Activity: Across all entries below, how many lines include "patch"? Answer with the number alone.

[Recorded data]
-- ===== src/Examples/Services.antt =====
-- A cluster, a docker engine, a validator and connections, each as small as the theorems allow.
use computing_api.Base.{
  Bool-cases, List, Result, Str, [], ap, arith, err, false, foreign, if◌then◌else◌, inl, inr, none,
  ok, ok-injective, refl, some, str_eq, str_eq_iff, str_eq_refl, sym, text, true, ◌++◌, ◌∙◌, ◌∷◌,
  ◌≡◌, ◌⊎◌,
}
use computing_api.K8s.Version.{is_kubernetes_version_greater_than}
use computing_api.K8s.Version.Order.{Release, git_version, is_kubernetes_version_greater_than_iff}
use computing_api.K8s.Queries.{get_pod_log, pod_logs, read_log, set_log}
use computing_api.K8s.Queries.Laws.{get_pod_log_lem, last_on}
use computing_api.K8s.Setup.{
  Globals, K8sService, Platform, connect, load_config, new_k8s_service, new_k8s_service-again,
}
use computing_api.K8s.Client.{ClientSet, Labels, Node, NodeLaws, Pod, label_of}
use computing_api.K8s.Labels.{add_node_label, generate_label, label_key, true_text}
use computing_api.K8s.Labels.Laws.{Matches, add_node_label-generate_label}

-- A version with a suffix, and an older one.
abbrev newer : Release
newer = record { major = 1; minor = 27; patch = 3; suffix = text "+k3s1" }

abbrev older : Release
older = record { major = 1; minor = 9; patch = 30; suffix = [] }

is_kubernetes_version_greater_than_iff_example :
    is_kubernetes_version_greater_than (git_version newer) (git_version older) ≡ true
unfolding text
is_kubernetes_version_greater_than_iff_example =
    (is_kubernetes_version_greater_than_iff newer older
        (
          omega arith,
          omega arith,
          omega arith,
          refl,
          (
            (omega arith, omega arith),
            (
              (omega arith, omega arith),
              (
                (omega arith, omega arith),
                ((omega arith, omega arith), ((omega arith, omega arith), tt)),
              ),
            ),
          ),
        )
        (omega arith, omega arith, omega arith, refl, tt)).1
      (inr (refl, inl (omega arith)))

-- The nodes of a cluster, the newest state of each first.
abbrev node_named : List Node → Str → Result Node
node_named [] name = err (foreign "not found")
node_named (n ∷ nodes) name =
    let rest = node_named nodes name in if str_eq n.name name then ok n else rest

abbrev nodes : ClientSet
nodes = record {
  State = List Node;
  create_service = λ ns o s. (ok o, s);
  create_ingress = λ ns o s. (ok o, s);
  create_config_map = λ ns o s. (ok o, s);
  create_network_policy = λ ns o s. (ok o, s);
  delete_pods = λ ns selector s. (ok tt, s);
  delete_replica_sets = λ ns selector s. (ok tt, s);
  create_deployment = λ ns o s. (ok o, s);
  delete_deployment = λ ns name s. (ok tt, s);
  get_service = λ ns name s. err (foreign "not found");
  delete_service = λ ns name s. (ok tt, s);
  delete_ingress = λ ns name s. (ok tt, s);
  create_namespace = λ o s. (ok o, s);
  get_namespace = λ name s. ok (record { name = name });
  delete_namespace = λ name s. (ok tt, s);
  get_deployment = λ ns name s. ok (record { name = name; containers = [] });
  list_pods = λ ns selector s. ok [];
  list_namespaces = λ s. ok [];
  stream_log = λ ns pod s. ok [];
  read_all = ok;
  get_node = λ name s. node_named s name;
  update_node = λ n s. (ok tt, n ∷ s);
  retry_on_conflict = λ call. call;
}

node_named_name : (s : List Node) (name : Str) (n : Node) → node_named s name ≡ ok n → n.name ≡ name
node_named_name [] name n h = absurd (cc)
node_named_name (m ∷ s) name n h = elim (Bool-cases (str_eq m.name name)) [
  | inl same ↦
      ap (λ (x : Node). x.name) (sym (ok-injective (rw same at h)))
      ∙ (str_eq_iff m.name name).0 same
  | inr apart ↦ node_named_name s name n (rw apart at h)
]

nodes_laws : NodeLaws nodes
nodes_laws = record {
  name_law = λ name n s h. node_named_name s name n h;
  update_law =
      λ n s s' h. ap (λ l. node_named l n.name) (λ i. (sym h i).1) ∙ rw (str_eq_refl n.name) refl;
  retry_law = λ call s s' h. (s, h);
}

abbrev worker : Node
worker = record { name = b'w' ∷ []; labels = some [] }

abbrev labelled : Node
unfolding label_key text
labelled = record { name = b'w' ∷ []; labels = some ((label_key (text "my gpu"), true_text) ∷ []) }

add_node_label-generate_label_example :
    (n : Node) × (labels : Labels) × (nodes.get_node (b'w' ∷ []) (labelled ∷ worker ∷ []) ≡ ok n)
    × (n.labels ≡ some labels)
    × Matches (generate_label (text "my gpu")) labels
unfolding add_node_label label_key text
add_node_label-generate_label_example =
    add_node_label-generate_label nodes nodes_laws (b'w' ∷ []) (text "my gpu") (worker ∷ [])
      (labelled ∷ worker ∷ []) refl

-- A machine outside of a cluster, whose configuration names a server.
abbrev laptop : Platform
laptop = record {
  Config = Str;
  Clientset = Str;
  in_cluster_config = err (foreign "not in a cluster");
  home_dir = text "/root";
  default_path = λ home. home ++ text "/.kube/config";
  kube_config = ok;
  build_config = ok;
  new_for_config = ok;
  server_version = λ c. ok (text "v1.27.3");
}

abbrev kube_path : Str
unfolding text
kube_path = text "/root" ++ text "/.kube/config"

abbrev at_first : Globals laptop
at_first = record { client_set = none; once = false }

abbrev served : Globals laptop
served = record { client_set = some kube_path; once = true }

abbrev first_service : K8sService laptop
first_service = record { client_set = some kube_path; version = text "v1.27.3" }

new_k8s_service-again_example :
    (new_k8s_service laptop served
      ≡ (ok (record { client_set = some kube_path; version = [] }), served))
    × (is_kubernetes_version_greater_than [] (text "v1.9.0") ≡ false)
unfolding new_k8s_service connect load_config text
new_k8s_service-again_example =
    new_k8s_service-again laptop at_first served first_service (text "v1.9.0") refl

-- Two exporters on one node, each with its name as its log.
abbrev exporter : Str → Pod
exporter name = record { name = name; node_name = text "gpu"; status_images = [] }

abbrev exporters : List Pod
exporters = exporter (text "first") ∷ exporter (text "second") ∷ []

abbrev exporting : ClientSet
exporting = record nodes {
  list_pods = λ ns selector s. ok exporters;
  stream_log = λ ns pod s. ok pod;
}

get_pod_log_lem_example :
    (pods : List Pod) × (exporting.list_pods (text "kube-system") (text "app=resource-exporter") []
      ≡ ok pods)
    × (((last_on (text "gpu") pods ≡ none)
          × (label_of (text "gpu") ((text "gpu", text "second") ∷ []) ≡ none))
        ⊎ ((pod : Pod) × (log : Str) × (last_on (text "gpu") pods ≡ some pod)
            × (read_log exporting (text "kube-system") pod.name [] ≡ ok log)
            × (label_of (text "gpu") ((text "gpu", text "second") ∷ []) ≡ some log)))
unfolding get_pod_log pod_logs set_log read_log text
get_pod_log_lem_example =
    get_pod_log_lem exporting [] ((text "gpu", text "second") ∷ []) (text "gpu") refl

Finished exercise: 2